# Volcom, Airblaster, and Analog Outerwear Reviews



## twin89 (Jan 21, 2009)

Volcom Sherpa Fleece:

This is an awesome jacket for riding in Southern California. It has a hydrophobic fleece material on the outside which is great
at staying dry. The outer part of the jacket even stays dry when it is snowing. The snow just falls off the jacket if you shake it.
The jacket is actually pretty warm. On a day when it is 30-40 degrees I will just wear a long sleeve thermal with a t-shirt over it
and then the jacket, and i will be fine for the day (i get cold easily too). It's great for pretty much everyday here at Bear except
for a pow day when i would say the lack of powder skirt is the only downside. Riding night sessions with the jacket have been awesome,
I just throw on a larger thermal over what i normally wear under my jackets and I'm good to go. The best part of the jacket is that
it makes you feel like you have so much freedom of movement when compared to a normal outer shell while it still provides nearly all
the protection of a shell (it breaks wind pretty well too).

Volcom Lang Fleece:

This is pretty much a beefed up sweatshirt. It is pretty thick, with the Sherpa lining but it keeps you nice and warm. I would
recommend this jacket for riding when it is cold, but not raining/snowing or if you plan on falling a lot. Since the outer part of
the jacket is cotton and polyester it absorbs water and snow, you can brush the snow off when you fall, but it doesn't just fall off with
one brush like the Volcom Sherpa Fleece, it takes lots of brushes, and you still won't get it all off. If you plan on wearing this jacket
you just have to accept that it will get wet when you fall, but will quickly dry. When it gets wet you don't feel it on the inside because
the jacket is pretty thick. I must say this is the best looking out of my jackets. The main zipper is also a really loud wistle, it's cool
to have cause i can easily get the attention of my buddies on the mountain, and could also be used as a rape whistle, cause we all know
crazy shit can happen.

Analog Transpose 3:

This is another fleece, that is perfect for the days you don't want to wear shells. In function it is pretty similar to the Volcom Sherpa
Fleece, but this jacket has more pockets, and has a really cool water repellent exterior. When i first got it i put some water droplets on it
to see how waterproof it was, and i was amazed at how awesome it was. The water beaded up and fell right off, it is kinda unexpected cause the
material doesn't feel like it is waterproof. I then ran it under the sink for a while, and it didn't even become damp.

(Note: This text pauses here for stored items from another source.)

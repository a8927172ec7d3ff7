-- ===== src/Security/Redact.antt =====
-- internal/security/redact.go. The regular expressions are those of Go's regexp package, a parameter;
-- the rest is over the characters of the text. Control characters are those of Unicode's category Cc.
pub mod Visible
use Prim.Native.Char.{Char, code}
use goedge_ip_cert.Prelude.{
  ℕ, zero, suc, ◌+◌, ◌-◌, String, ◌<>◌, Bool, true, false, not, ◌&&◌, ◌||◌, List, [], ◌∷◌, ltb, leb,
  ◌==◌, if◌then◌else◌,
}

-- What the patterns of the package do to a text.
pub record Patterns : Type 0 where
  -- ansiPattern.ReplaceAllString(value, "")
  pub drop_ansi : String → String
  -- pemPrivateKeyPattern.ReplaceAllString(value, "[REDACTED_PRIVATE_KEY]")
  pub redact_private_keys : String → String
  -- headerSecretPattern.ReplaceAllStringFunc(value, f)
  pub replace_headers : (String → String) → String → String
  -- dsnPasswordPattern.ReplaceAllString(value, "$1:[REDACTED]@")
  pub redact_dsn : String → String

unfoldable utf8_width : ℕ → ℕ
utf8_width c = if ltb c 0x80 then 1 else if ltb c 0x800 then 2 else if ltb c 0x10000 then 3 else 4

-- len(secret), in bytes
unfoldable pub byte_length : String → ℕ
unfolding utf8_width
byte_length String.[] = 0
byte_length (String.◌∷◌ c s) = utf8_width (code c) + byte_length s

unfoldable pub new_redactor : List String → List String
unfolding byte_length
new_redactor [] = []
new_redactor (secret ∷ secrets) =
    let filtered = new_redactor secrets in
    if leb 4 (byte_length secret) then secret ∷ filtered else filtered

unfoldable pub has_prefix : String → String → Bool
has_prefix String.[] s = true
has_prefix (String.◌∷◌ a p) String.[] = false
has_prefix (String.◌∷◌ a p) (String.◌∷◌ c s) = code a == code c && has_prefix p s

abbrev pub characters : String → ℕ
characters String.[] = 0
characters (String.◌∷◌ c s) = suc (characters s)

-- strings.ReplaceAll for a text that is not empty; `skip` characters of the last match are left.
unfoldable pub replace_from : ℕ → String → String → String → String
unfolding has_prefix
replace_from skip secret by String.[] = ""
replace_from zero secret by (String.◌∷◌ c s) =
    let matched = by <> replace_from (characters secret - 1) secret by s in
    let kept = String.◌∷◌ c (replace_from zero secret by s) in
    if has_prefix secret (String.◌∷◌ c s) then matched else kept
replace_from (suc skip) secret by (String.◌∷◌ c s) = replace_from skip secret by s

unfoldable pub replace_all : String → String → String → String
unfolding replace_from
replace_all secret by value = replace_from 0 secret by value

unfoldable pub replace_secrets : List String → String → String
unfolding replace_all
replace_secrets [] value = value
replace_secrets (secret ∷ secrets) value =
    replace_secrets secrets (replace_all secret "[REDACTED]" value)

-- The characters that the last step removes.
abbrev pub is_hidden : ℕ → Bool
is_hidden c =
    c == 10
    || c == 13
    || c == 9
    || ltb c 0x20
    || leb 0x7f c && leb c 0x9f
    || leb 0x202a c && leb c 0x202e
    || leb 0x2066 c && leb c 0x2069
    || c == 0x200b
    || c == 0x200c
    || c == 0x200d
    || c == 0xfeff
    || leb 0xe0000 c && leb c 0xe007f

unfoldable pub drop_hidden : String → String
drop_hidden String.[] = ""
drop_hidden (String.◌∷◌ c s) =
    let rest = drop_hidden s in if is_hidden (code c) then rest else String.◌∷◌ c rest

abbrev is_separator : Char → Bool
is_separator c = code c == b':' || code c == b'='

unfoldable has_separator : String → Bool
has_separator String.[] = false
has_separator (String.◌∷◌ c s) = is_separator c || has_separator s

unfoldable up_to_separator : String → String
up_to_separator String.[] = ""
up_to_separator (String.◌∷◌ c s) =
    let rest = up_to_separator s in if is_separator c then String.◌∷◌ c "" else String.◌∷◌ c rest

-- match[:strings.IndexAny(match, ":=")+1] + "[REDACTED]"
unfoldable pub redact_header : String → String
unfolding has_separator up_to_separator
redact_header match =
    if has_separator match then up_to_separator match <> "[REDACTED]" else "[REDACTED_HEADER]"

-- (*Redactor).Redact
unfoldable pub redact : Patterns → List String → String → String
unfolding redact_header replace_secrets drop_hidden
redact p secrets value =
    let value = p.drop_ansi value in
    let value = p.redact_private_keys value in
    let value = p.replace_headers redact_header value in
    let value = p.redact_dsn value in drop_hidden (replace_secrets secrets value)

abbrev pub first_characters : ℕ → String → String
first_characters zero s = ""
first_characters (suc n) String.[] = ""
first_characters (suc n) (String.◌∷◌ c s) = String.◌∷◌ c (first_characters n s)

-- safeAPIMessage of internal/goedge/client.go
unfoldable pub safe_api_message : Patterns → List String → String → String
unfolding redact new_redactor
safe_api_message p secrets text =
    let message = redact p (new_redactor secrets) text in
    if ltb 1024 (characters message) then first_characters 1024 message <> "..." else message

This jacket is easily
the most water proof of the three jackets here i am reviewing. The Volcom Sherpa Fleece i would say is water repelling (it can still get wet,
just not very easily), and the Analog Transpose 3 is water proof (more like a shell) if that makes any sense.

Airblaster Hip Bag Pants:

These are some 20k waterproof, and i think 20k breath-ability pants. They have a slimmer fit around the knees, and is pretty much boot cut.
The pants are pretty warm, and comfy. In the snow they have stayed nice and dry, but after 3+ hours in constant snow, the pants will start
to get wet around one seam on the right thigh, and seam on the left back thigh. Although the small area around the seam gets wet, I didn't
actually feel getting wet on the inside. I once rode these in the rain, and the pants were dry for maybe 30-40 mins, and then they started
to become completely wet, and I could feel it inside. I don't really know of any pants that can keep someone completely dry in the rain
aside from some rubber pants, or turnouts. I really like the season pass window thing. If there is one bad thing about the pants is that i feel
like the pocket liners seem to be very thin like they would break, but i have put over 40 days on these pants so far and the pocket liners
have yet to tear on me so it may just be that they feel thin but are pretty durable (i keep my keys in them while riding without problems).

Overall: 

I have only worn my shell Jacket once this season when it was snowing like crazy, but every other day i have ridden with these fleece jackets
and i love it so much more. Way more comfy and light feeling with 95% of the protection. If you are going to get on of the volcom fleeces
make sure you get one with the Hydrophobic fleece, and you will not be disappointed. They are pretty cheap too, going for around $50 on sale.
I would say for that price it will most likely be your most loved piece of snowboarding outerwear although you can also wear these off the
mountain and they look just like street wear. Just my 2 cents, feel free to leave questions and I will try to answer them promptly.


----------



## DrnknZag (Feb 7, 2010)

I had a similar experience with Airblaster's waterproofing. I had their AK Blaster jacket last year (20k/20k, their most technical jacket) and by 20 days in, it lost most of it's waterproofing. Other than that I loved the jacket, but good waterproofing is a must here in the PNW.


----------